I think I recall Louis Biggs doing something impossible with a Rubix Cube and a Yo-Yo last year while dressed as a geeky schoolboy. This season he juggled balls with speed that would have defied the Hadron Collider. I’d love to see Louis have a crack at Bette Midler’s balls-on-strings. He is one of those boys for whom the words ‘awwww cute’ were invented.

By the time the raffle was drawn I think the entire tent was 100% proof. The lucky winner – a sexy gay boy – was treated to an ass-slapping lap dance that made one suspect the ballot was rigged. Well, why not?

Though I was bitterly disappointed that Captain Kidd didn’t lower himself from the ceiling into a giant champagne cup to splash and twirl like 2016, he did perform an act with day-glo hula hoops that had most of the audience adjusting their trousers.
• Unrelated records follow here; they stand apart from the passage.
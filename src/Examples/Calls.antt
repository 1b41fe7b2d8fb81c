-- ===== src/Examples/Calls.antt =====
-- A dispatcher with two nodes, a cache that is a table, and nodes that only note who is called.
use waterbus_rs.Base.{
  ◌≡◌, refl, arith, Bool, true, false, String, string_eq, str_eq, none, some, Result, ok, err, List,
  [], ◌∷◌, if◌then◌else◌,
}
use waterbus_rs.Base.Int.{pos}
use waterbus_rs.Table.{Table, get, insert, remove, get-insert, get-remove}
use waterbus_rs.Dispatcher.Cache.{
  ClientMetadata, Redis, Json, participant_key, decode, insert_client, get_client,
  get_by_participant_id,
}
use waterbus_rs.Dispatcher.Cache.Clients.{IsHealthy, IsRoundTrip, inserted_client_found}
use waterbus_rs.Dispatcher
use waterbus_rs.Dispatcher.Routing.{Manager, joined_metadata, routed_to_joined_node}
use waterbus_rs.Examples.Cluster.{float, node, nodes, chosen}

abbrev pub redis : Redis
redis = record {
  Cluster = Table String String;
  RedisError = Unit {0};
  get_connection = λ c. ok tt;
  set = λ k v c. (ok tt, insert k v c);
  get = λ k c. ok (get k c);
  del = λ k c. (ok tt, remove k c);
  exists = λ k c. ok (elim (get k c) [ none ↦ 0 | some _ ↦ 1 ]);
  type_error = tt;
}

pub healthy : IsHealthy redis
healthy = record {
  connected = λ c. refl;
  set_ok = λ k v c. refl;
  get_set = λ k k' v c. ground (arith, get-insert k k' v c);
  del_ok = λ k c. refl;
  get_del = λ k k' c. ground (arith, get-remove k k' c);
}

abbrev pub alice : ClientMetadata
alice = record {
  room_id = "room";
  participant_id = "p1";
  sfu_node_id = "n2";
  node_addr = "10.0.0.2";
}

-- Writes and reads the one client that joins.
abbrev pub json : Json
json = record {
  JsonError = Unit {0};
  to_string = λ m. if str_eq m.participant_id "p1" then ok "{p1}" else err tt;
  from_str = λ s. if str_eq s "{p1}" then ok alice else err tt;
}

alice-IsRoundTrip : IsRoundTrip json alice
alice-IsRoundTrip = record { text = "{p1}"; to_string_ok = refl; from_to = refl }

not_a_participant : str_eq (participant_key "p1") "socket" ≡ false
unfolding participant_key
not_a_participant = refl

not_other : str_eq (participant_key "p1") "other" ≡ false
unfolding participant_key
not_other = refl

inserted_client_found_example :
    ((insert_client redis json "socket" alice []).0 ≡ ok tt)
    × (get_client redis json "socket" (insert_client redis json "socket" alice []).1
        ≡ ok (some alice))
    × (get_by_participant_id redis json "p1" (insert_client redis json "socket" alice []).1
        ≡ ok (some alice))
    × (redis.get "other" (insert_client redis json "socket" alice []).1 ≡ redis.get "other" [])
inserted_client_found_example =
    inserted_client_found redis json healthy "socket" "other" alice alice-IsRoundTrip []
      not_a_participant refl not_other

abbrev pub cluster : Table String String
cluster = ("socket", "{p1}") ∷ ("participant_id:p1", "socket") ∷ []

pub alice_there : get_client redis json "socket" cluster ≡ ok (some alice)
unfolding get_client get decode
alice_there = refl

abbrev answer : {A : Type 0} → A → String → List String → Result (Unit {0}) A × List String
answer a addr w = (ok a, addr ∷ w)

abbrev room_is : Dispatcher.JoinRoomRequest → String → Bool
room_is req room = str_eq req.room_id room

abbrev pub grpc : Dispatcher.SfuGrpc
grpc = record {
  World = List String;
  Status = Unit {0};
  SubscribeResponse = Unit {0};
  StatusResponse = Unit {0};
  join_room = λ addr req w.
      if room_is req "full"
      then (err tt, addr ∷ w)
      else (ok (record { sdp = "answer"; is_recording = false }), addr ∷ w);
  subscribe = λ addr req w. answer tt addr w;
  set_subscriber_sdp = λ addr req w. answer tt addr w;
  publisher_renegotiation = λ addr req w. answer "answer" addr w;
  migrate_connection = λ addr req w. answer (some "answer") addr w;
  add_publisher_candidate = λ addr req w. answer tt addr w;
  add_subscriber_candidate = λ addr req w. answer tt addr w;
  leave_room = λ addr req w. answer ("p1", "room") addr w;
  set_video_enabled = λ addr req w. answer tt addr w;
  set_audio_enabled = λ addr req w. answer tt addr w;
  set_hand_raising = λ addr req w. answer tt addr w;
  set_screen_sharing = λ addr req w. answer tt addr w;
  set_camera_type = λ addr req w. answer tt addr w;
}

abbrev pub dispatcher : Table String String → Manager float redis json grpc
dispatcher c = record { nodes = nodes; group_id = "g"; cluster = c; world = []; sfu_port = "50051" }

abbrev join_of : String → Dispatcher.JoinRoomRequest
join_of room = record {
  client_id = "socket";
  participant_id = "p1";
  room_id = room;
  sdp = "offer";
  is_video_enabled = true;
  is_audio_enabled = true;
  is_e2ee_enabled = false;
  total_tracks = pos 2;
  connection_type = pos 0;
}

joined-IsRoundTrip :
    IsRoundTrip json (joined_metadata float redis json grpc (join_of "room") "n2" "10.0.0.2")
unfolding joined_metadata
joined-IsRoundTrip = alice-IsRoundTrip

routed_to_joined_node_example :
    ((Dispatcher.publisher_renegotiate float redis json grpc
        (record { client_id = "socket"; sdp = "offer" })
        (Dispatcher.join_room float redis json grpc (join_of "room") (dispatcher [])).1).1.world
      ≡ "10.0.0.2:50051" ∷ "10.0.0.2:50051" ∷ [])
    × ((Dispatcher.subscribe float redis json grpc
          (record {
            client_id = "other";
            target_id = "p1";
            participant_id = "p2";
            room_id = "room";
          })
          (Dispatcher.join_room float redis json grpc (join_of "room") (dispatcher [])).1).1.world
        ≡ "10.0.0.2:50051" ∷ "10.0.0.2:50051" ∷ [])
routed_to_joined_node_example =
    routed_to_joined_node float redis json grpc healthy (dispatcher []) (join_of "room") "n2"
      "offer" "other" "p2" "room" (node "10.0.0.2" 20)
      (record { sdp = "answer"; is_recording = false }) ("10.0.0.2:50051" ∷ []) chosen refl
      joined-IsRoundTrip not_a_participant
I am such a fan of dangerous, subversive, sexy cabaret so contented myself with applauding like a performing seal.

Briefs make much of being counterculture and challenging gender boundaries but I do have the feeling that they are preaching to the converted. They are a sell out show and the same cannot be said for most West End shows. I think rather than labouring the point they might be happy to celebrate their own sexiness rather than sexuality.

Watching Briefs made me question my profession. Would it not be more fun spinning from a hoop in a jock wearing make-up and facial hair than being an author? Hell yes. So, boys, more power to your elbow. Keep spinning, camping and flirting to show us all that life is about having a good time not trying to please an audience that simply don’t want to smile.